Die Nachfrage nach den Zentralbank-Dollar war am Montag gemischt. In Grossbritannien reichten mehr Banken Gebote ein; mit gut 26 Mrd. Dollar wurden zwei Drittel des gesamten Volumens ausgegeben, nachdem es vergangenen Woche noch ein Drittel bis die Hälfte waren.

Die SNB teilte 10 Mrd. Dollar zu. Bei der EZB gingen dagegen weniger Gebote ein als vergangene Woche. Allerdings war der Schnelltender mit einem Volumen von 40 Mrd. Dollar immer noch um mehr als das Doppelte überzeichnet.

Zudem deuteten sich Verspannungen am Euro-Geldmarkt an: Die Banken der Euro-Zone griffen am Wochenende zudem auf deutlich mehr hochverzinstes Zentralbank-Geld als üblich zurück, um akute Engpässe zu vermeiden.

Die Bank von Japan will bis zu 30 Mrd. Dollar für einen Monat ausgeben; das wäre der erste Dollar-Tender in der Geschichte der Notenbank. Zentralbank-Chef Masaaki Shirakawa hatte den Schritt damit begründet, dass eine geringere Liquidität im Dollar-Geldmarkt auch den Yen-Geldmarkt in Mitleidenschaft ziehen könnte.

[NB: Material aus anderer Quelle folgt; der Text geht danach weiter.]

-- ===== src/Lifecycle/Applying/Draining.antt =====
-- service.go: `drainCDCSpoolLocked` over the in-memory repository, which has no leases for it: the staged
-- transactions of a task and direction are applied one by one.
use dts.Common.{ℕ, zero, suc, String, not, ◌==◌, ltb, if◌then◌else◌, List, [], ◌∷◌, Option, ok}
use dts.Domain.{CdcEvent, SpoolRecord, SpoolStats}
use dts.Store.Defs.{get_migration}
use dts.Store.Spool.{
  list_cdc_spool, mark_cdc_spool_applied, delete_applied_cdc_spool, cdc_spool_stats,
}
use dts.Lifecycle.Positions.{cdc_apply_ready}
use dts.Lifecycle.Applying.Effects.{Run, ◌>>=◌, ◌>>◌, return, ask, write, ignore, lift}
use dts.Lifecycle.Applying.Fence.{Settings}
use dts.Lifecycle.Applying.Events.{Commit, apply_and_record, fail_if}

abbrev pub Staged : Type 0
Staged = SpoolRecord (CdcEvent String)

-- What the environment decides for one transaction: the time, the id of its checkpoint, what becomes of its
-- COMMIT, and the three injected faults.
pub record Attempt : Type 0 where
  pub now : ℕ
  pub new_id : String
  pub outcome : Commit
  pub before_apply : Option String
  pub before_mark : Option String
  pub after_mark : Option String

abbrev pub normal_max : ℕ → ℕ
normal_max most = if most == 0 then 1000 else most

module _ (settings : Settings) (attempts : ℕ → Attempt) (id direction : String) where
  -- One transaction of the inner loop.
  unfoldable pub drain_item : Attempt → Staged → Run (Unit {0})
  unfolding apply_and_record mark_cdc_spool_applied
  drain_item a v = do
    fail_if a.before_apply
    apply_and_record settings a.now a.new_id a.outcome id direction v.events
    fail_if a.before_mark
    write (λ s. mark_cdc_spool_applied s v.id a.now)
    fail_if a.after_mark

  -- `for _, item := range items`, with what remains to be drained.
  unfoldable pub drain_items : ℕ → List Staged → Run ℕ
  unfolding drain_item
  drain_items zero items = return zero
  drain_items (suc r) [] = return (suc r)
  drain_items (suc r) (v ∷ vs) = drain_item (attempts r) v >> drain_items r vs

  -- A round of the outer loop: nothing listed ends it.
  abbrev pub drain_round : (ℕ → Run (Unit {0})) → ℕ → List Staged → Run (Unit {0})
  drain_round k r [] = return tt
  drain_round k r (v ∷ vs) = drain_items r (v ∷ vs) >>= k

  -- `for remaining > 0`, within so many rounds.
  unfoldable pub drain_loop : ℕ → ℕ → Run (Unit {0})
  unfolding drain_items list_cdc_spool
  drain_loop zero r = return tt
  drain_loop (suc fuel) r = if r == 0 then return tt else (do
    items ← ask (λ s. ok (list_cdc_spool s id direction (if ltb 100 r then 100 else r)))
    drain_round (drain_loop fuel) r items)

  -- `drainCDCSpoolLocked`, of a `maxTransactions` that is 0 where it is negative.
  unfoldable pub drain_cdc_spool_locked : ℕ → ℕ → Run SpoolStats
  unfolding drain_loop get_migration cdc_apply_ready delete_applied_cdc_spool cdc_spool_stats
  drain_cdc_spool_locked keep most = do
    task ← ask (λ s. lift (get_migration s id))
    (if not (cdc_apply_ready task.status direction)
        then return tt
        else (drain_loop (normal_max most) (normal_max most)
            >> ignore (write (λ s. ok (delete_applied_cdc_spool s id direction keep)))))
    ask (λ s. ok (cdc_spool_stats s id direction))
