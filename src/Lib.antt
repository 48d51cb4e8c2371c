-- ===== src/Lib.antt =====
-- ostep-code: the programs that accompany the book Operating Systems: Three Easy Pieces, and
-- their owner's C++ exercises on threads. This library models its concurrent core: of
-- threads-sema the readers-writer locks and the programs on semaphores, of threads-cv and
-- threads-bugs those on condition variables and those with a mistake, and from threads-locks the
-- locked containers, the ring buffer, the producers and consumers, the thread pool, the event
-- queue, the dispatch queue, the lock-free stack, the odd and even printers, ping and pong and
-- the rate limiter.
--
-- Threads and semaphores. Threads.antt gives threads as interleavings: a System is shared memory
-- with the program point of each of n threads, a Step lets any thread that has a move take it,
-- and a Run is a sequence of steps. A thread's moves are an executable function `step m p`,
-- `none` where it is blocked or has returned. Sema.antt has sem_wait and sem_post as they are
-- documented. Memory is sequentially consistent, each access of shared memory is a step, except
-- that an update and the test of it under a mutex are one step. A run is bounded by no fuel;
-- where a theorem says that a program ends, the length of every run is bounded.
--
-- RwLock.LightSwitch models struct LightSwitch, whose text stands in all three
-- threads-sema/rwlock*.cpp. RwLock.Starvation models rwlock_writer_starvation.cpp,
-- RwLock.Turnstile models rwlock-1writerprogress.cpp and RwLock.WriterPriority models
-- rwlock-writer-priority.cpp, each with rwlock_init, the four acquire and release functions,
-- reader and writer, for any number of threads and any loop counts; Role says what a thread is
-- created for. Tally and Moves hold the invariant and its preservation, Inv its truth in every
-- reachable state, Safety and Progress (Ends, Priority) the theorems. The global int counter is a
-- number without an upper bound, and the printing is left out.
--
-- RateLimiter models threads-locks/other-problems/IK- problems/RateLimiter, with uint32_t and
-- uint64_t arithmetic written out; the clock is an argument of each call.
--
-- Heap.antt has nodes on a heap: an access through a dangling pointer is the outcome fault, and
-- addresses are not taken twice. LinkedList and HashMap model threads-locks/Locked data
-- structures/linkedlist&hash-map-cpp, LinkedListC and HashMapC model linkedlist-c.cpp and
-- hashmap-c.cpp beside it, TwoLockQueue models threads-locks/locked data structures/queue.cpp.
-- Their loops take fuel, and the theorems ask for more fuel than the list is long, which is
-- enough. Calls under a mutex are taken one after the other.
--
-- RingBuffer models ring-buffer.cpp beside them: Slots says what it is for the ring to hold a
-- list, Mask that `& _mask` is a remainder. A list of Booleans stands for the outcomes of
-- compare_exchange_weak, one for each round of a loop, and is the fuel; the theorems ask for one
-- round in which the exchange may succeed, or hold for any number of rounds. The numbers stay
-- below 2^63, by a hypothesis.
--
-- ProducerConsumer models threads-locks/c++11-Producer-consumer: the circular buffer of
-- MultiProducerMultiConsumerBuffer.cpp, with SingleCv for the put of MpMCSingleCV.cpp and Single
-- for SingleProducerSingleConsumer.cpp. ThreadPool models threads-locks/thread-pool, and
-- EventQueue models threads-locks/other-problems/call-backs/EventQueue. In these a step is what a
-- thread does between taking the mutex and giving it up, and the schedules are lists of steps, of
-- any length. In EventQueue each statement of the forwarding thread is a step, each call of a
-- subscriber too, since PostEvent takes no lock. A step that would wait has no result, and is
-- made anew; Single alone of these tells a thread that has been signalled from one that has not.
--
-- LockFreeStack models class LFS of threads-locks/atomic-tutorial/compare-and-exchange.cpp, with
-- the outcomes of compare_exchange_weak given as for the ring buffer. DispatchQueue models
-- threads-locks/other-problems/call-backs/dispatch-que.cpp, OddEven models OddEven.cpp of IK-
-- problems and PingPong models ping-pong.cpp of c++11-Producer-consumer, all as threads over
-- Threads.antt; a thread of OddEven whose wait would go on has no step, while DispatchQueue has
-- the sleepers and notifications of Cond.antt, and Awake says who sleeps. EventQueue.Trigger is
-- the forwarding thread by itself.
--
-- Threads.Two is about programs of two threads, Threads.Sums has invariants that speak of sums
-- over the threads, and Threads.Simulation shows one program in another. Cond.antt counts the
-- sleepers of a POSIX condition variable and those that have been woken; wake-ups without a
-- signal are left out.
--
-- Bugs models threads-bugs: atomicity.c, deadlock.c and ordering.c with the corrected versions
-- beside them. Join models threads-cv/join*.c, threads-sema/join.c and condition_varaible.cpp of
-- c++11-Producer-consumer: Modular the synchronizer, Lost the versions that leave out the lock or
-- the variable, Sem the semaphore.
--
-- Semaphores models, one module each, rendezvous.c, throttle.c, binary.c, barrier.c,
-- no-starve-mutex.c, zemaphore.h and the dining philosophers of threads-sema, and in Race
-- threads-intro/t1.c, whose loop intro/threads.c has too. Dining is about both orders of the
-- forks without messages, Dining.Forks says who holds which fork, Dining.Print is the text with
-- the messages, whose Steps shows it step by step in the one without. The loop counts, the
-- numbers of threads and the values of semaphores are arguments where the programs take them as
-- such, and in binary.c.
--
-- Bounded models the bounded buffers in C: threads-cv/pc.c, whose threads use the buffer through
-- Ops, with the array of Ring or the list of Queue; SingleCv pc_single_cv.c; Works
-- threads-sema/producer_consumer_works.c. In pc.c a section under the lock is one step.
--
-- Counter models threads-locks/locked data structures/counter.cpp and class Counter of
-- atomic-tutorial/fetch.cpp. HandOver models conditional_variable.cpp, atomic-flag.cpp and
-- promise-future.cpp of c++11-Producer-consumer, and CallBack models thraed-safe-callback.cpp of
-- call-backs, in the order of its tasks and with both at the same time.
--
-- PersistentStack models file-intro/pstack.c on a mapped file, with the arithmetic of size_t
-- written out, and Lottery models cpu-sched-lottery/lottery.c, with the numbers that random
-- returns as an argument.
--
-- Not modelled: input and output, the demonstration mains, the book's introductory C programs,
-- which make single calls of the operating system, the weak memory orders of atomics, and the
-- smaller C++ demonstrations.
pub mod LockFreeStack
pub mod DispatchQueue
pub mod OddEven
pub mod PingPong
pub mod Bugs
pub mod Cond
pub mod Join
pub mod Semaphores
pub mod Bounded
pub mod Counter
pub mod CallBack
pub mod HandOver
pub mod PersistentStack
pub mod Lottery
pub mod Prelude
pub mod Threads
pub mod Sema
pub mod RingBuffer
pub mod RwLock
pub mod ProducerConsumer
pub mod EventQueue
pub mod RateLimiter
pub mod ThreadPool
pub mod Heap
pub mod LinkedList
pub mod HashMap
pub mod LinkedListC
pub mod HashMapC
pub mod TwoLockQueue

Auch in anderen Ländern griffen die Notenbanken ein, um den Geldmarkt zu stützen. So stellte die Notenbank der Vereinigten Arabischen Emirate umgerechnet 13,6 Mrd. Dollar bereit. In Russland pumpte die Regierung umgerechnet 13 Mrd. Dollar in den Markt. So soll nach dem Zusammenbruch des Aktienmarktes vergangene Woche die Liquidität im Bankensektor gestützt werden.